Kenya's Standard Gauge Railway express train between Nairobi and Mombasa has special travel packages for holidaymakers.

By Irene Gaitirira Published July 9, 2017 If you are interested in a Kenyan coast getaway from Nairobi, several hotels and SGR Madaraka Express Train have a package for you. The package covers return train tickets on the SGR, two nights half board accommodation in standard rooms and return shared transfers from the train station in Mombasa to the hotel. The package, that is valid till August 31, 2017, is available per person sharing for two nights at Bamburi Beach Hotel (Sh14,500); Neptune Beach Hotel (Sh16,000); Travellers Beach Hotel (Sh19,350); Prideinn Paradise Hotel (Sh20,800); and Sarova Whitesands Hotel (Sh 22,600). RELATED:Subscription Video on Demand Service Comes to Black Africa Also available for grabs are three-day Masai Mara Wildebeest Migration Package and three-day budget camping for Sh22,000 per person that covers transport from Nairobi, two nights full board meals, Camping site fees, game drives and nature treks. Departure requires a minimum six people and the package is valid July 1-October 31, 2017. Swiss Airlines is from July 6, 2017 adding a sixth flight to its weekly schedule to and from Nairobi. Swiss operates an A330 aircraft offering First, Business and Economy Class on Mondays, Wednesdays, Thursdays, Fridays, Saturdays and Sundays.
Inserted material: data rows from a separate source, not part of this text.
-- ===== src/Runtime/Permitted.antt =====
-- What the runtime must hold before it lets the executor act.
use autonomy_harbor.Base.{
  ◌≡◌, ◌⊎◌, ◌∙◌, refl, sym, inl, inr, String, Bool, true, false, Option, none, some, Result, ok,
  raised, arith, Bool-cases,
}
use autonomy_harbor.Json.{Fields}
use autonomy_harbor.Platform.{Platform, Datetime}
use autonomy_harbor.Models.{
  ActionRequest, ActionReceipt, Verdict, GateDecision, is_allow, is_review, is_deny,
}
use autonomy_harbor.Gate.{evaluate}
use autonomy_harbor.Receipt.{create_receipt}
use autonomy_harbor.Broker.Redeem.{authorizes, IsRedeemable, redeem_iff}
use autonomy_harbor.Broker.{ReviewAuthorization, ReviewBroker}
use autonomy_harbor.Signer.{TrustStore}
use autonomy_harbor.Broker.Methods.{redeem}
use autonomy_harbor.Envelope.{SignedEnvelope}
use autonomy_harbor.Ledger.{Sqlite}
use autonomy_harbor.Authorizer.{redeem_signed}
use autonomy_harbor.Authorizer.Facts.{IsAuthorized, redeem_signed_iff}
use autonomy_harbor.Runtime.{
  PersonalAgentRuntime, State, answer, decision_of, with_signed, with_broker, with_lease, decide,
  keep_receipt, act_on, run_with, run,
}

-- whether a decision is reached, and is ALLOW
abbrev pub allows : Result GateDecision → Bool
allows (ok d) = is_allow d.verdict
allows (raised e) = false

review_not_allow : (v : Verdict) → is_review v ≡ true → ¬ (is_allow v ≡ true)
review_not_allow v h k = ground arith

deny_not_allow : (v : Verdict) → is_deny v ≡ true → ¬ (is_allow v ≡ true)
deny_not_allow v h k = ground arith

deny_not_review : (v : Verdict) → is_deny v ≡ true → ¬ (is_review v ≡ true)
deny_not_review v h k = ground arith

allows-answer :
    (kind label : String) (base : GateDecision) (r : Result ReviewAuthorization)
    → allows (answer (decision_of kind label base) r) ≡ authorizes r
unfolding answer decision_of
allows-answer kind label base (ok a) = ground arith
allows-answer kind label base (raised e) = refl

module _ ⦃p : Platform⦄ ⦃q : Sqlite⦄ {World : Type 0}
    (execute : ActionRequest → World → Result Fields × World) (runtime : PersonalAgentRuntime)
    (request : ActionRequest) where
  -- A lease that the runtime can check authorizes the request.
  pub data IsLeased (lease_id : Option String) (envelope : Option SignedEnvelope) (now : Datetime)
      (s : State World) : Type 0 where
    by_signed :
        (e : SignedEnvelope) (store : _)
        → envelope ≡ some e
        → runtime.authorizer ≡ some store
        → IsAuthorized store e request (evaluate request runtime.registry) now s.rows
        → IsLeased lease_id envelope now s
    by_broker :
        (id : String) (b : _)
        → lease_id ≡ some id
        → s.broker ≡ some b
        → IsRedeemable id request (evaluate request runtime.registry) now b
        → IsLeased lease_id envelope now s

  pub data IsPermitted (lease_id : Option String) (envelope : Option SignedEnvelope)
      (now : Datetime) (s : State World) : Type 0 where
    by_gate :
        is_allow (evaluate request runtime.registry).verdict ≡ true
        → IsPermitted lease_id envelope now s
    by_lease :
        is_review (evaluate request runtime.registry).verdict ≡ true
        → IsLeased lease_id envelope now s
        → IsPermitted lease_id envelope now s

  -- What is returned says that nothing was executed.
  abbrev pub IsUnexecuted : Result ActionReceipt → Type 0
  IsUnexecuted (ok r) = (r.outcome ≡ "NOT_EXECUTED") × (is_allow r.gate ≡ false)
  IsUnexecuted (raised e) = Unit

  with_broker-IsLeased :
      (b : Option ReviewBroker) (id : String) (now : Datetime) (s : State World)
      → s.broker ≡ b
      → let d =
          with_broker execute runtime b id request (evaluate request runtime.registry) now s in
        ((allows d.0 ≡ true → IsLeased (some id) none now s) × (d.1.world ≡ s.world))
  unfolding with_broker
  with_broker-IsLeased none id now s at = (λ h. absurd (ground arith), refl)
  with_broker-IsLeased (some b) id now s at = (
    λ h. by_broker id b refl at (
        (redeem_iff id request (evaluate request runtime.registry) now b).0 (
          sym (
            allows-answer "" "" (evaluate request runtime.registry)
              (redeem id request (evaluate request runtime.registry) now b).0)
          ∙ h)),
    refl,
  )

  with_signed-IsLeased :
      (store : Option TrustStore) (lease_id : Option String) (e : SignedEnvelope) (now : Datetime)
      (s : State World)
      → runtime.authorizer ≡ store
      → let d =
          with_signed execute runtime store e request (evaluate request runtime.registry) now s in
        ((allows d.0 ≡ true → IsLeased lease_id (some e) now s) × (d.1.world ≡ s.world))
  unfolding with_signed
  with_signed-IsLeased none lease_id e now s at = (λ h. absurd (ground arith), refl)
  with_signed-IsLeased (some store) lease_id e now s at = (
    λ h. by_signed e store refl at (
        (redeem_signed_iff store e request (evaluate request runtime.registry) now s.rows).0 (
          sym (
            allows-answer "signed_" "signed-" (evaluate request runtime.registry)
              (redeem_signed store e request (evaluate request runtime.registry) now s.rows).0)
          ∙ h)),
    refl,
  )

  with_lease-IsLeased :
      (lease_id : Option String) (envelope : Option SignedEnvelope) (now : Datetime)
      (s : State World)
      → is_review (evaluate request runtime.registry).verdict ≡ true
      → let d =
          with_lease execute runtime lease_id envelope request
            (evaluate request runtime.registry)
            now
            s in
        ((allows d.0 ≡ true → IsLeased lease_id envelope now s) × (d.1.world ≡ s.world))
  unfolding with_lease
  with_lease-IsLeased none none now s reviewed =
      (λ h. absurd (review_not_allow (evaluate request runtime.registry).verdict reviewed h), refl)
  with_lease-IsLeased (some id) none now s reviewed = with_broker-IsLeased s.broker id now s refl
  with_lease-IsLeased lease_id (some e) now s reviewed =
      with_signed-IsLeased runtime.authorizer lease_id e now s refl

  decide-IsPermitted :
      (lease_id : Option String) (envelope : Option SignedEnvelope) (now : Datetime)
      (s : State World)
      → let d =
          decide execute runtime lease_id envelope request
            (evaluate request runtime.registry)
            now
            s in
        ((allows d.0 ≡ true → IsPermitted lease_id envelope now s) × (d.1.world ≡ s.world))
  unfolding decide
  decide-IsPermitted lease_id envelope now s =
      elim (Bool-cases (is_review (evaluate request runtime.registry).verdict)) [
        | inl reviewed ↦
            let leased = with_lease-IsLeased lease_id envelope now s reviewed in
            rw (reviewed) (λ h. by_lease reviewed (leased.0 h), leased.1)
        | inr other ↦ rw (other) (λ h. by_gate h, refl)
      ]

  act_on-IsUnexecuted :
      (d : Result GateDecision) (created_at : String) (s : State World)
      → allows d ≡ false
      → IsUnexecuted (act_on execute runtime d request created_at s).0
        × ((act_on execute runtime d request created_at s).1.world ≡ s.world)
  unfolding act_on keep_receipt create_receipt
  act_on-IsUnexecuted (raised e) created_at s h = (tt, refl)
  act_on-IsUnexecuted (ok d) created_at s h = rw (h) ((refl, h), refl)

  run_with-IsPermitted :
      (lease_id : Option String) (envelope : Option SignedEnvelope) (now : Datetime)
      (created_at : String) (s : State World)
      → IsPermitted lease_id envelope now s
        ⊎ (let out = run_with execute runtime lease_id envelope request now created_at s in
            (IsUnexecuted out.0 × (out.1.world ≡ s.world)))
  unfolding run_with
  run_with-IsPermitted lease_id envelope now created_at s =
      let d =
        decide execute runtime lease_id envelope request (evaluate request runtime.registry) now
          s in
      let decided = decide-IsPermitted lease_id envelope now s in
      elim (Bool-cases (allows d.0)) [
        | inl allowed ↦ inl (decided.0 allowed)
        | inr forbidden ↦
            let held = act_on-IsUnexecuted d.0 created_at d.1 forbidden in
            inr (held.0, held.1 ∙ decided.1)
      ]

  -- Either the gate allows the request, or it asks for a review and a lease that the runtime can
  -- check authorizes the request at the time; or else the run leaves the world as it is, and a
  -- receipt that it returns says NOT_EXECUTED under a gate other than ALLOW.
  pub run-IsPermitted :
      (lease_id : Option String) (envelope : Option SignedEnvelope) (now : Datetime)
      (created_at : String) (s : State World)
      → IsPermitted lease_id envelope now s
        ⊎ (let out = run execute runtime lease_id envelope request now created_at s in
            (IsUnexecuted out.0 × (out.1.world ≡ s.world)))
  unfolding run
  run-IsPermitted none none now created_at s = run_with-IsPermitted none none now created_at s
  run-IsPermitted (some id) none now created_at s =
      run_with-IsPermitted (some id) none now created_at s
  run-IsPermitted none (some e) now created_at s =
      run_with-IsPermitted none (some e) now created_at s
  run-IsPermitted (some id) (some e) now created_at s = inr (tt, refl)

  deny_of_IsPermitted :
      (lease_id : Option String) (envelope : Option SignedEnvelope) (now : Datetime)
      (s : State World)
      → is_deny (evaluate request runtime.registry).verdict ≡ true
      → ¬ IsPermitted lease_id envelope now s
  deny_of_IsPermitted lease_id envelope now s denied (by_gate allowed) =
      deny_not_allow (evaluate request runtime.registry).verdict denied allowed
  deny_of_IsPermitted lease_id envelope now s denied (by_lease reviewed leased) =
      deny_not_review (evaluate request runtime.registry).verdict denied reviewed

  -- No lease of either kind helps where the gate denies: the world stays as it is, and a receipt
  -- that is returned says NOT_EXECUTED under a gate other than ALLOW.
  pub run-denied :
      (lease_id : Option String) (envelope : Option SignedEnvelope) (now : Datetime)
      (created_at : String) (s : State World)
      → is_deny (evaluate request runtime.registry).verdict ≡ true
      → let out = run execute runtime lease_id envelope request now created_at s in
        (IsUnexecuted out.0 × (out.1.world ≡ s.world))
  run-denied lease_id envelope now created_at s denied =
      elim (run-IsPermitted lease_id envelope now created_at s) [
        | inl permitted ↦ absurd (deny_of_IsPermitted lease_id envelope now s denied permitted)
        | inr held ↦ held
      ]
RELATED:Looking Beyond Nairobi’s 100th Premier Critical Movie Meeting Qantas of Australia will introduce twice daily A330 flights on the Sydney – Auckland route from July 13, 2017. Customers will experience the recently upgraded two-class A330 aircraft, including a 28-seat business cabin. It is also set to launch seasonal flights from Adelaide and Melbourne to Kangaroo Island, providing travelers with a new destination on their extensive domestic network, on December 17, 2017. On its part, Oman Air has special fares to destinations such as Mumbai, Dubai, Guangzhou, Abu Dhabi, Colombo, New Delhi, Bangkok till July 15, 2017 for travel between September 10 and …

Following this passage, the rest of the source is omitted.